When I opened my mouth, I made a point of speaking slowly, rationally, the way I addressed Jeremy when he was having a tantrum. “I’ll remember that,” I said.
Silence.
I looked over her shoulder at what she’d traced in the salt and pepper. I thought it would be a clue, a postscript to what she’d told me. In large capital letters, she had scrawled: BUY MILK.
When Dad came home that evening, he looked after Jeremy while my mother and I went to the Poughkeepsie mall to do our Christmas shopping. After picking out a sweat suit for Dad and a telescope for Jeremy, we separated so we could buy each other gifts. We would meet up at the bakery at seven.
I went to the Body Shop to buy my mother bath oil. I inhaled the various scents. I asked the man behind the counter if I could get a sixteen-ounce bottle of vanilla bath oil. Gita always smelled of vanilla.
“Is it for you?” he asked.
“No, it’s for my mom,” I said. The pride in my voice surprised me.
“Well, this is a nice gift,” he said. “You’ll never see your mom after giving her this. She’ll be spending all her time in the bath—reading, eating, sleeping even. You can get yourself into all sorts of trouble while she’s not around.” He winked.
I looked at my watch. It was a few minutes after seven. “Can you make it shower gel instead?” I asked.
“Sure, honey,” he said. He took his time formulating the concoction, and then wrapped the bottle in pink cellophane and tied it with lavender ribbons. I knew I’d have to rewrap it when I got home; my mother thought Christmas presents should look like they were specifically for Christmas.
I got to the bakery late, at a quarter after.
The woman behind the counter noticed me. “Are you looking for a lady you were supposed to meet here?” she asked.

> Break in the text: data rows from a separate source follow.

-- ===== src/NonceAead/Nonces.antt =====
-- The nonces that the wrapped AEAD gets: what they are, and that two sequence numbers never share one.
use Prim.Native.Nat.{bit_xor}
use mathlib.Core.Path.{ap, ap₂, subst}
use utls.Base.{
  ℕ, suc, [], ◌∷◌, ◌++◌, Bytes, length, length-append, ok, ◌≡◌, refl, sym, ◌∙◌, arith, append_assoc,
  append-nil, some,
}
use utls.Base.Buffer.{copy_at, put-append, copy_at-append}
use utls.NonceAead.Digits.{bit_xor_twice, bit_xor_injective}
use utls.HalfConn.Sequence.{at-middle}
use utls.NonceAead.{Aead}
use utls.NonceAead.Prefix
use utls.NonceAead.Xor

length-behind : (pre : Bytes) (v : ℕ) → length (pre ++ v ∷ []) ≡ suc (length pre)
length-behind pre v = omega (arith, length-append pre (v ∷ []))

-- The bytes of the mask, combined with those of the nonce.
abbrev pub combined : Bytes → Bytes → Bytes
combined [] bs = []
combined (v ∷ vs) [] = v ∷ vs
combined (v ∷ vs) (b ∷ bs) = bit_xor v b ∷ combined vs bs

combined_twice : (vs bs : Bytes) → combined (combined vs bs) bs ≡ vs
combined_twice [] bs = refl
combined_twice (v ∷ vs) [] = refl
combined_twice (v ∷ vs) (b ∷ bs) = ap₂ ◌∷◌ (bit_xor_twice v b) (combined_twice vs bs)

length-combined : (vs bs : Bytes) → length (combined vs bs) ≡ length vs
length-combined [] bs = refl
length-combined (v ∷ vs) [] = refl
length-combined (v ∷ vs) (b ∷ bs) = ap suc (length-combined vs bs)

xor_at-combined :
    (pre vs bs : Bytes)
    → length vs ≡ length bs
    → Xor.xor_at (pre ++ vs) (length pre) bs ≡ ok (pre ++ combined vs bs)
unfolding Xor.xor_at
xor_at-combined pre [] [] h = refl
xor_at-combined pre [] (b ∷ bs) h = absurd (omega arith)
xor_at-combined pre (v ∷ vs) [] h = absurd (omega arith)
xor_at-combined pre (v ∷ vs) (b ∷ bs) h =
    let more = xor_at-combined (pre ++ bit_xor v b ∷ []) vs bs (omega arith) in
    rw (at-middle pre v vs, put-append pre v (bit_xor v b) vs)
      (rw
        (
          append_assoc pre (bit_xor v b ∷ []) vs,
          append_assoc pre (bit_xor v b ∷ []) (combined vs bs),
          length-behind pre (bit_xor v b),
        )
        at more)

combined_injective :
    (vs bs cs : Bytes)
    → length bs ≡ length vs
    → length cs ≡ length vs
    → combined vs bs ≡ combined vs cs
    → bs ≡ cs
combined_injective [] [] [] h h' same = refl
combined_injective [] (b ∷ bs) cs h h' same = absurd (omega arith)
combined_injective [] [] (c ∷ cs) h h' same = absurd (omega arith)
combined_injective (v ∷ vs) [] cs h h' same = absurd (omega arith)
combined_injective (v ∷ vs) (b ∷ bs) [] h h' same = absurd (omega arith)
combined_injective (v ∷ vs) (b ∷ bs) (c ∷ cs) h h' same =
    let parts = cons_injective same in
    ap₂ ◌∷◌ (bit_xor_injective v b c parts.0)
      (combined_injective vs bs cs (omega arith) (omega arith) parts.1)
  where
    cons_injective :
        {x y : ℕ} {xs ys : Bytes} → ◌≡◌ {A = Bytes} (x ∷ xs) (y ∷ ys) → (x ≡ y) × (xs ≡ ys)
    cons_injective h = (cc, cc)

-- A mask of twelve bytes: four that stay, and eight that the nonce is combined with.
abbrev pub mask_of : Bytes → Bytes → Aead → Xor.XorNonceAead
mask_of fixed varied aead = record { nonce_mask = fixed ++ varied; aead = aead }

xor_at_four :
    (fixed vs bs : Bytes)
    → length fixed ≡ 4
    → length vs ≡ length bs
    → Xor.xor_at (fixed ++ vs) 4 bs ≡ ok (fixed ++ combined vs bs)
xor_at_four fixed vs bs h size =
    subst (λ j. Xor.xor_at (fixed ++ vs) j bs ≡ ok (fixed ++ combined vs bs)) h
      (xor_at-combined fixed vs bs size)

-- Under a mask of four and then eight bytes, Seal and Open on a nonce of eight bytes call the wrapped AEAD
-- with the mask combined with the nonce in its last eight bytes, and the mask is afterwards what it was.
pub xor_nonce_lem :
    (fixed varied nonce text extra : Bytes) (aead : Aead)
    → length fixed ≡ 4
    → length varied ≡ 8
    → length nonce ≡ 8
    → let f = mask_of fixed varied aead in
      let used = fixed ++ combined varied nonce in
      (Xor.seal f nonce text extra ≡ ok (aead.seal used text extra, f))
      × (Xor.open_sealed f nonce text extra ≡ ok (aead.open_sealed used text extra, f))
unfolding Xor.seal Xor.open_sealed
xor_nonce_lem fixed varied nonce text extra aead h h' h'' =
    let forth = xor_at_four fixed varied nonce h (omega arith) in
    let back =
      xor_at_four fixed (combined varied nonce) nonce h
        (omega (arith, length-combined varied nonce))
      ∙ ap (λ t. ok (fixed ++ t)) (combined_twice varied nonce) in
    (rw (forth, back) refl, rw (forth, back) refl)

drop_front : (xs : Bytes) {ys zs : Bytes} → xs ++ ys ≡ xs ++ zs → ys ≡ zs
drop_front [] same = same
drop_front (x ∷ xs) same = drop_front xs cc

-- Seal and Open on `nonce` call the wrapped AEAD, whatever it is, with the nonce `used`, and put the mask back.
abbrev pub Uses : Bytes → Bytes → Bytes → Bytes → Type 0
Uses fixed varied nonce used =
    (aead : Aead) (text extra : Bytes)
    → (Xor.seal (mask_of fixed varied aead) nonce text extra
        ≡ ok (aead.seal used text extra, mask_of fixed varied aead))
      × (Xor.open_sealed (mask_of fixed varied aead) nonce text extra
          ≡ ok (aead.open_sealed used text extra, mask_of fixed varied aead))

-- Under one mask of four and then eight bytes, Seal and Open on each of two nonces of eight bytes call every
-- wrapped AEAD with a nonce of twelve bytes, the same for both calls and for all texts; the two nonces that
-- it gets are the same only if the two nonces are.
pub xor_nonces_differ :
    (fixed varied nonce nonce' : Bytes)
    → length fixed ≡ 4
    → length varied ≡ 8
    → length nonce ≡ 8
    → length nonce' ≡ 8
    → (used used' : Bytes) × Uses fixed varied nonce used
      × Uses fixed varied nonce' used'
      × (length used ≡ 12)
      × (length used' ≡ 12)
      × (used ≡ used' → nonce ≡ nonce')
xor_nonces_differ fixed varied nonce nonce' h h' n n' =
    let size = length-append fixed (combined varied nonce) in
    let size' = length-append fixed (combined varied nonce') in
    let kept = length-combined varied nonce in
    let kept' = length-combined varied nonce' in
    (
      fixed ++ combined varied nonce,
      fixed ++ combined varied nonce',
      (λ aead text extra. xor_nonce_lem fixed varied nonce text extra aead h h' n),
      (λ aead text extra. xor_nonce_lem fixed varied nonce' text extra aead h h' n'),
      omega arith,
      omega arith,
      λ same.
          combined_injective varied nonce nonce' (omega arith) (omega arith)
            (drop_front fixed same),
    )

-- Over an AEAD that opens what it seals under the same nonce and additional data, what Seal returns for a
-- nonce of eight bytes is opened to the text by a receiver with the same mask; the masks stay as they
-- are.
pub xor_open-seal :
    (fixed varied nonce text extra : Bytes) (aead aead' : Aead)
    → length fixed ≡ 4
    → length varied ≡ 8
    → length nonce ≡ 8
    → ((n t e : Bytes) → aead'.open_sealed n (aead.seal n t e) e ≡ some t)
    → let f = mask_of fixed varied aead in
      let f' = mask_of fixed varied aead' in
      (sealed_text : Bytes) × (Xor.seal f nonce text extra ≡ ok (sealed_text, f))
      × (Xor.open_sealed f' nonce sealed_text extra ≡ ok (some text, f'))
xor_open-seal fixed varied nonce text extra aead aead' h h' h'' opens =
    let used = fixed ++ combined varied nonce in
    let sealed_text = aead.seal used text extra in
    (
      sealed_text,
      (xor_nonce_lem fixed varied nonce text extra aead h h' h'').0,
      (xor_nonce_lem fixed varied nonce sealed_text extra aead' h h' h'').1
          ∙ ap (λ o. ok (o, mask_of fixed varied aead')) (opens used text extra),
    )

-- The fixed part of four bytes, and the bytes that the last call has left behind it.
abbrev pub prefix_of : Bytes → Bytes → Aead → Prefix.PrefixNonceAead
prefix_of fixed last aead = record { nonce = fixed ++ last; aead = aead }

-- With a fixed part of four bytes, Seal and Open on a nonce of eight bytes call the wrapped AEAD with the nonce
-- behind the fixed part, whatever the call before has left, and leave that.
pub prefix_nonce_lem :
    (fixed last nonce text extra : Bytes) (aead : Aead)
    → length fixed ≡ 4
    → length last ≡ 8
    → length nonce ≡ 8
    → let f = prefix_of fixed last aead in
      let f' = prefix_of fixed nonce aead in
      (Prefix.seal f nonce text extra ≡ ok (aead.seal (fixed ++ nonce) text extra, f'))
      × (Prefix.open_sealed f nonce text extra
          ≡ ok (aead.open_sealed (fixed ++ nonce) text extra, f'))
unfolding Prefix.seal Prefix.open_sealed Prefix.with_nonce
prefix_nonce_lem fixed last nonce text extra aead h h' h'' =
    let copied =
      subst (λ j. copy_at (fixed ++ (last ++ [])) j nonce ≡ ok (fixed ++ (nonce ++ []))) h
        (copy_at-append fixed last nonce [] (omega arith)) in
    let here : copy_at (fixed ++ last) 4 nonce ≡ ok (fixed ++ nonce) =
      ap (λ t. copy_at (fixed ++ t) 4 nonce) (sym (append-nil last))
      ∙ copied
      ∙ ap (λ t. ok (fixed ++ t)) (append-nil nonce) in
    (rw here refl, rw here refl)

She was wearing a red T-shirt silk-screened with two fried eggs, one over each breast.
I nodded.
“She said to tell you she got tired of waiting.”
I called Dad, and he and Jeremy came to pick me up. Dad said my mother wasn’t at home when he left, and she hadn’t called. “I’m sure she’ll be there when we get back,” he added.
At home, there was no sign of my mother’s car. Nor was she in the house. Dad sat on the couch, holding a pillow over his face. The pillow was orange, with long, thin tassels, one of
which was in his mouth. He put the pillow down in his lap. “Can you pass me the phone?” he said, though it wasn’t far from him.
I brought it to him, and he dialed and then covered the mouthpiece. “It’s the good Chinese restaurant. What do you want?”
The next morning, when she hadn’t returned, Dad called her California sisters. They hadn’t heard from her. He called Fern, who hadn’t, either. Then he called the police. “How long do you have to wait before reporting someone missing?” he asked.